The advantages of increasing the groove step: 1. Reduce the bending forming force; 2. Make the symmetry good when bending; 3. Subtract The phenomenon of stacking at small bends; 4. Reducing the forming force when pre-bending into "W" type and side extrusion into "H", there is;

Claims

claims

1. A method of processing and forming a rocker arm frame. The rocker arm frame contains an integrally formed ball socket, a curved crown and two symmetrical side walls. One end of the two side walls is connected to the H-shaped curved crown, and the other end is connected to the ball socket. , a small oil hole is provided at the bottom of the ball socket, and a pin hole is provided on the side wall. It is characterized in that the processing and forming method includes the following steps:

A. Blanking the shape of the rocker arm frame, using a punch to punch out the plate-shaped workpiece of the rocker arm frame;

B. Pre-bending, pre-bending the plate-shaped workpiece to form a W-shaped workpiece;

C. Lateral extrusion: perform lateral extrusion on the W-shaped workpiece to form a primary finished rocker arm frame with the required H-shaped curved crown.

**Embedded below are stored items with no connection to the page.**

-- ===== src/Tests/Clients.antt =====
-- The properties of the clients and of a session over them, applied.
use umleitung.Base.{◌≡◌, ◌<◌, Bool, ◌&&◌, ◌||◌, List, [], ◌∷◌, arith, length}
use umleitung.Base.Text.{Text, codes, ◌==◌}
use umleitung.State.Tables.{has_row}
use umleitung.Safety.{Behind, DestLaws}
use umleitung.Imap.Client.{dialled}
use umleitung.Imap.Criteria.{or_message_id_criteria}
use umleitung.Imap.Criteria.Laws.{matches, any, matches-or_message_id_criteria}
use umleitung.Imap.Pass.{HoldsAt}
use umleitung.Imap.Laws.Provide.{stored_key, imap-DestLaws}
use umleitung.Session.{supervise}
use umleitung.Session.Safe.{supervise-Behind}
use umleitung.Tests.Toy.{hex, toy}
use umleitung.Tests.ToyWire.{
  toy_wire, HoldsKey, sent_key, key_of, key_at, toy_wire-WireDestLaws, toy_wire-WireSourceLaws,
  wire_env, wire_start,
}
use umleitung.Tests.ToyConfig.{mirror}

wire_start-Behind : Behind (HoldsAt {W = toy_wire} HoldsKey) wire_start
unfolding has_row dialled
wire_start-Behind k e = ground arith

supervise-Behind_example :
    Behind
      (HoldsAt {W = toy_wire} HoldsKey)
      (supervise toy_wire toy.names hex toy.faults toy.done toy.now mirror
        (3 ∷ 1 ∷ [])
        wire_start).1
supervise-Behind_example =
    supervise-Behind toy_wire toy.names hex toy.faults toy.done toy.now HoldsKey key_of sent_key
      toy_wire-WireDestLaws key_at toy_wire-WireSourceLaws mirror (3 ∷ 1 ∷ []) wire_start
      wire_start-Behind

imap-DestLaws_example :
    DestLaws wire_env (HoldsAt {W = toy_wire} HoldsKey) (stored_key sent_key) key_of
imap-DestLaws_example =
    imap-DestLaws toy_wire hex HoldsKey key_of sent_key toy_wire-WireDestLaws toy.names toy.faults
      toy.done toy.now

abbrev ids : List Text
ids = codes "a@x" ∷ codes "b@x" ∷ codes "c@x" ∷ []

ids-length : 0 < length ids
ids-length = omega arith

-- a message with the Message-ID b@x and the subject a@x
abbrev field_b : Text → Text → Bool
field_b key value =
    (key == codes "Message-Id" && value == codes "b@x")
    || (key == codes "Subject" && value == codes "a@x")

matches-or_message_id_criteria_example :
    matches field_b (or_message_id_criteria ids) ≡ any (field_b (codes "Message-Id")) ids
matches-or_message_id_criteria_example = matches-or_message_id_criteria field_b ids ids-length
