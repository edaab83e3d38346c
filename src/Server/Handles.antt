-- ===== src/Server/Handles.antt =====
-- The operations that server/handles.rs gives to the program around the server, and the ids of
-- lib.rs. The blocking handle runs the same operations. `now` is the clock's time.
pub mod Effects
use frclib_nettables.Base.{ℕ, ◌+◌, ◌%◌, ◌^◌, Option, none, some, List, [], ◌∷◌, map}
use frclib_nettables.Base.Map.{Map}
use frclib_nettables.Base.Text.{Text}
use frclib_nettables.Server.Clients.{server_client_idx}
use frclib_nettables.Server.Publish.{inner_publish_topic}
use frclib_nettables.Server.State.{InnerServer, M, pure, gets, ◌>>=◌, ◌>>◌}
use frclib_nettables.Server.Values.{set_value, set_properties, get_topic_idx, get_value}
use frclib_nettables.Spec.Error.{Outcome, ok, err, panicked}
use frclib_nettables.Spec.Extensions.{stringify, TimestampedValue}
use frclib_nettables.Spec.Messages.{PublishTopic, SetProperties}
use frclib_nettables.Spec.Topic.{PublishProperties}
use frclib_nettables.Spec.Wire.{Wire}

-- `SEED.fetch_add(1)`: the id, and the next one.
unfoldable pub generate_uid : ℕ → ℕ × ℕ
generate_uid seed = (seed, (seed + 1) % 2 ^ 64)

module _ {V : Type 0} where
  -- The topic's type is a text; `uid` is a generated id.
  unfoldable pub publish_topic_w_props :
      Wire V → ℕ → ℕ → Text → V → Option PublishProperties → M V (Unit {0})
  publish_topic_w_props w uid now topic_name val props = do
    topic_idx ←
        inner_publish_topic w
          (record {
            name = topic_name;
            pubuid = uid % 2 ^ 32;
            type = stringify (w.get_type val);
            properties = props;
          })
          server_client_idx
    set_value (record { timestamp = now; value = val }) topic_idx

  unfoldable pub publish_topic : Wire V → ℕ → ℕ → Text → V → M V (Unit {0})
  unfolding publish_topic_w_props
  publish_topic w uid now topic_name value = publish_topic_w_props w uid now topic_name value none

  unfoldable pub set_topic_value_w_timestamp : Text → V → ℕ → M V (Unit {0})
  set_topic_value_w_timestamp topic_name value timestamp = do
    topic_idx ← get_topic_idx topic_name
    set_value (record { timestamp = timestamp; value = value }) topic_idx

  unfoldable pub set_topic_value : ℕ → Text → V → M V (Unit {0})
  unfolding set_topic_value_w_timestamp
  set_topic_value now topic_name value = set_topic_value_w_timestamp topic_name value now

  unfoldable pub set_topic_props : Text → PublishProperties → M V (Unit {0})
  set_topic_props topic_name props = set_properties (record { name = topic_name; update = props })

  unfoldable pub get_topic_value : Text → M V V
  get_topic_value topic_name = do
    topic_idx ← get_topic_idx topic_name
    found ← get_value topic_idx
    pure found.value

  unfoldable pub get_topic_names : M V (List Text)
  get_topic_names = gets (λ s. map (λ entry. entry.0) s.topic_map)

2. The processing and forming method of the rocker arm frame according to claim 1, characterized in that the processing and forming method consists of the following steps:

a. Punch the positive pin hole, place the raw steel strip in the progressive die equipment, and punch out the positive pin hole;

b. Blanking the shape of the rocker arm frame, using a punch to punch out the plate-shaped workpiece of the rocker arm frame;

c. Pre-bending, the plate-shaped workpiece is pre-bent, and the curved crown part is formed into a W shape;

d. Laterally squeeze the W-shape, and the curved crown part forms a primary finished rocker arm frame with the required H-shape;

e. Extrude the ball socket and the curved crown surface at the same time at one time to ensure the position accuracy of the ball socket and the curved crown surface; f. Side punch pin shaft hole;

g. Blanking;

h. Heat treatment;

i. Laser perforation: use laser perforation equipment to process small oil holes in the ball socket.

3. The processing and forming method of the rocker arm frame according to claim 1, characterized in that the processing and forming method includes a step of laser perforation of small oil holes.

4. The processing and forming method of the rocker arm frame according to claim 3, characterized in that the laser perforation step is after the heat treatment step. . The processing and forming method of the rocker arm frame according to claim 1 or 2, characterized in that a pressing groove step is provided before the pre-bending step, and a pressing groove is provided at the bending part of the W-shaped workpiece.

. The processing and forming method of the rocker arm frame according to claim 5, characterized in that the depth of the pressure groove is less than one-third of the plate thickness.

. The processing and forming method of the rocker arm frame according to claim 5, characterized in that the shape of the first pressure groove is a flat surface or an arc surface, and the shape of the second pressure groove is an arc surface or an inverted V shape.